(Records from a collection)

▶

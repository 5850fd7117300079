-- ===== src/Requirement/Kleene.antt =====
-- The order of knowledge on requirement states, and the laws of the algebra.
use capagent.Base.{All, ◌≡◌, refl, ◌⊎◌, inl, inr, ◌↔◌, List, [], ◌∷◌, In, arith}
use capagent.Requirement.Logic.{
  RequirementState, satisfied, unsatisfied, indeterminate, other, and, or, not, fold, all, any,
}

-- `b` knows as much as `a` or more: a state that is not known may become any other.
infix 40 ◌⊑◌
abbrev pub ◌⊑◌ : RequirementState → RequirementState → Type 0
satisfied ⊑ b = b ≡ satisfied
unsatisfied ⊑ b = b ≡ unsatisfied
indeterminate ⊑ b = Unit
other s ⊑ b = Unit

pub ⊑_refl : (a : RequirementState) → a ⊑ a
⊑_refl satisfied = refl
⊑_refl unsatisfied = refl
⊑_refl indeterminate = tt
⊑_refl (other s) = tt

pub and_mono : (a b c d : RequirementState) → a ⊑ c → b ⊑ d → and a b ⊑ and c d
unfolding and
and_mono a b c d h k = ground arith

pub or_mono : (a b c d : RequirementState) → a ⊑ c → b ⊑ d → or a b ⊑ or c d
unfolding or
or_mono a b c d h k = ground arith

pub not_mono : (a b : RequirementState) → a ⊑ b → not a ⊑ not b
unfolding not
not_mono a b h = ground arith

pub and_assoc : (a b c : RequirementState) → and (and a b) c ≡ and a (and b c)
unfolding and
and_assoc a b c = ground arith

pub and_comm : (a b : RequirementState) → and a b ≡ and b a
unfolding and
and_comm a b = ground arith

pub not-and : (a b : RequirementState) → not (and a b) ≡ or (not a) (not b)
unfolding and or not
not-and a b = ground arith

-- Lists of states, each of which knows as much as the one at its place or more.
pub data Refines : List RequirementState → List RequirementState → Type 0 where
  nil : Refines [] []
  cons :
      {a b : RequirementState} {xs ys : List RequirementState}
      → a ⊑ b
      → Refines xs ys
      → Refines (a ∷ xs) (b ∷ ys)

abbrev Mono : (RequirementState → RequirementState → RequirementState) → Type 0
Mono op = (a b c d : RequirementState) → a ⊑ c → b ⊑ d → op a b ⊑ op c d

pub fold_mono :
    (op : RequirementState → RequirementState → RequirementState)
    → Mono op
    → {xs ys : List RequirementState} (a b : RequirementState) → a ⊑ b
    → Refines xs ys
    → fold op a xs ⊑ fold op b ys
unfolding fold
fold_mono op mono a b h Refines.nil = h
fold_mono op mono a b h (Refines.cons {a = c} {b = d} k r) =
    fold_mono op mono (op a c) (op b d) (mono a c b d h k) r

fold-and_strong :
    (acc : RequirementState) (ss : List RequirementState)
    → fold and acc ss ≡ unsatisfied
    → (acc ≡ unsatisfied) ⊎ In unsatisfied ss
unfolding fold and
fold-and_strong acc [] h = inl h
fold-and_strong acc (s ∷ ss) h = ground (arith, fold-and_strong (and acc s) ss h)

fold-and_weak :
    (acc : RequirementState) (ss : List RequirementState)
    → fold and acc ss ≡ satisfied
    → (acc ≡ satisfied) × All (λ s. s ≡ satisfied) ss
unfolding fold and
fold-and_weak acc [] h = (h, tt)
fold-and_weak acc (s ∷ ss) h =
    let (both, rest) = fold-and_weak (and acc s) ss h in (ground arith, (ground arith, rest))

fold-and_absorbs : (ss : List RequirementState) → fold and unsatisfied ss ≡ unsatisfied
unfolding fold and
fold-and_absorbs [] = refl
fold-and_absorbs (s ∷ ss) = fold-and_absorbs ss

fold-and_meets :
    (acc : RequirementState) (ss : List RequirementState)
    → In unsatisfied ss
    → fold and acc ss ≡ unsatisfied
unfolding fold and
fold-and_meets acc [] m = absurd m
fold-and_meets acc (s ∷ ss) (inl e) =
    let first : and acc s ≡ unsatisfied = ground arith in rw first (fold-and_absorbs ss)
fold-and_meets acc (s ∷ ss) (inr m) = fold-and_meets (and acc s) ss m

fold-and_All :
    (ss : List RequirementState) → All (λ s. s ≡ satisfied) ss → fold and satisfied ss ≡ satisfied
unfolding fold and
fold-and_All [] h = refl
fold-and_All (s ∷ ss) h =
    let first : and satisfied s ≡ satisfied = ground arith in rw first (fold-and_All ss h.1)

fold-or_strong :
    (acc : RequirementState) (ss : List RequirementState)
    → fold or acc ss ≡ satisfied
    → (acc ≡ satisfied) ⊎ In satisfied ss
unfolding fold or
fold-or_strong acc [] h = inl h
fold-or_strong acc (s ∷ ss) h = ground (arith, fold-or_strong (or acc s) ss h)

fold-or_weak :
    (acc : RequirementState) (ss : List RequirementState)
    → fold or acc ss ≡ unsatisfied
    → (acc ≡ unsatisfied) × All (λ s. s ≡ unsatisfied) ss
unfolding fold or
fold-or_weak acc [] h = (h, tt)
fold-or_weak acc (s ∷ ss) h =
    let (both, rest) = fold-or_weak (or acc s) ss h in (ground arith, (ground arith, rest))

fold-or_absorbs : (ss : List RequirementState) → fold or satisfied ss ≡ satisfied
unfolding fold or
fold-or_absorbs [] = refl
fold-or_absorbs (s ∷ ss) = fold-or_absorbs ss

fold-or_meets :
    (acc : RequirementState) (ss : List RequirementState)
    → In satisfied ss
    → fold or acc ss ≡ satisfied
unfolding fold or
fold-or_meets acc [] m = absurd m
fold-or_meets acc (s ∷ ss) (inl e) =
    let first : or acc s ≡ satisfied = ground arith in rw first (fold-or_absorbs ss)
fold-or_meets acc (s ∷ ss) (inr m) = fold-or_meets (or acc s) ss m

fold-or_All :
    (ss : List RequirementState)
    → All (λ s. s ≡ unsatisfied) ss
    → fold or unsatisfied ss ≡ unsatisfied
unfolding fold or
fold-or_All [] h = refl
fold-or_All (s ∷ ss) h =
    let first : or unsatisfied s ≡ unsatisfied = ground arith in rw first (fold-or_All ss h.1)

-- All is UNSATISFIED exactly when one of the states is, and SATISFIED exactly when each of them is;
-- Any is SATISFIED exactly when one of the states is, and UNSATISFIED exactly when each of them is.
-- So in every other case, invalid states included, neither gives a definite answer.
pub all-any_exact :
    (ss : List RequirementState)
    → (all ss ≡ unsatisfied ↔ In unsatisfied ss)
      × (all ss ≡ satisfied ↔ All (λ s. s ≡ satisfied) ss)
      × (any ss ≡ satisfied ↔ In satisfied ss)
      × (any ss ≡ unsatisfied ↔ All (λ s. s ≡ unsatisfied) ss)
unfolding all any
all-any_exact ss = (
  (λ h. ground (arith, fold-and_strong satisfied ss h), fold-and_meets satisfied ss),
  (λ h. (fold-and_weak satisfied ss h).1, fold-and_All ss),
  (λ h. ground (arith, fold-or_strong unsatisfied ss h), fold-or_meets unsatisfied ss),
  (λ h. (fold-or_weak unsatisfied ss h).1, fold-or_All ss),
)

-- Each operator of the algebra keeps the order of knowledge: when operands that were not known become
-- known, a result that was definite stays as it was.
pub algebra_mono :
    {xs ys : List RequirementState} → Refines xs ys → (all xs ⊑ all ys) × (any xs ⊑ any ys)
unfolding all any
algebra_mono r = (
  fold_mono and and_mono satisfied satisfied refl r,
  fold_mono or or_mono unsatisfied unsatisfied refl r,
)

◀

■ Directions
Among the records, find all lines that include the string "other" and return them.

■ Response area
  RequirementState, satisfied, unsatisfied, indeterminate, other, and, or, not, fold, all, any,
-- `b` knows as much as `a` or more: a state that is not known may become any other.
other s ⊑ b = Unit
⊑_refl (other s) = tt
-- So in every other case, invalid states included, neither gives a definite answer.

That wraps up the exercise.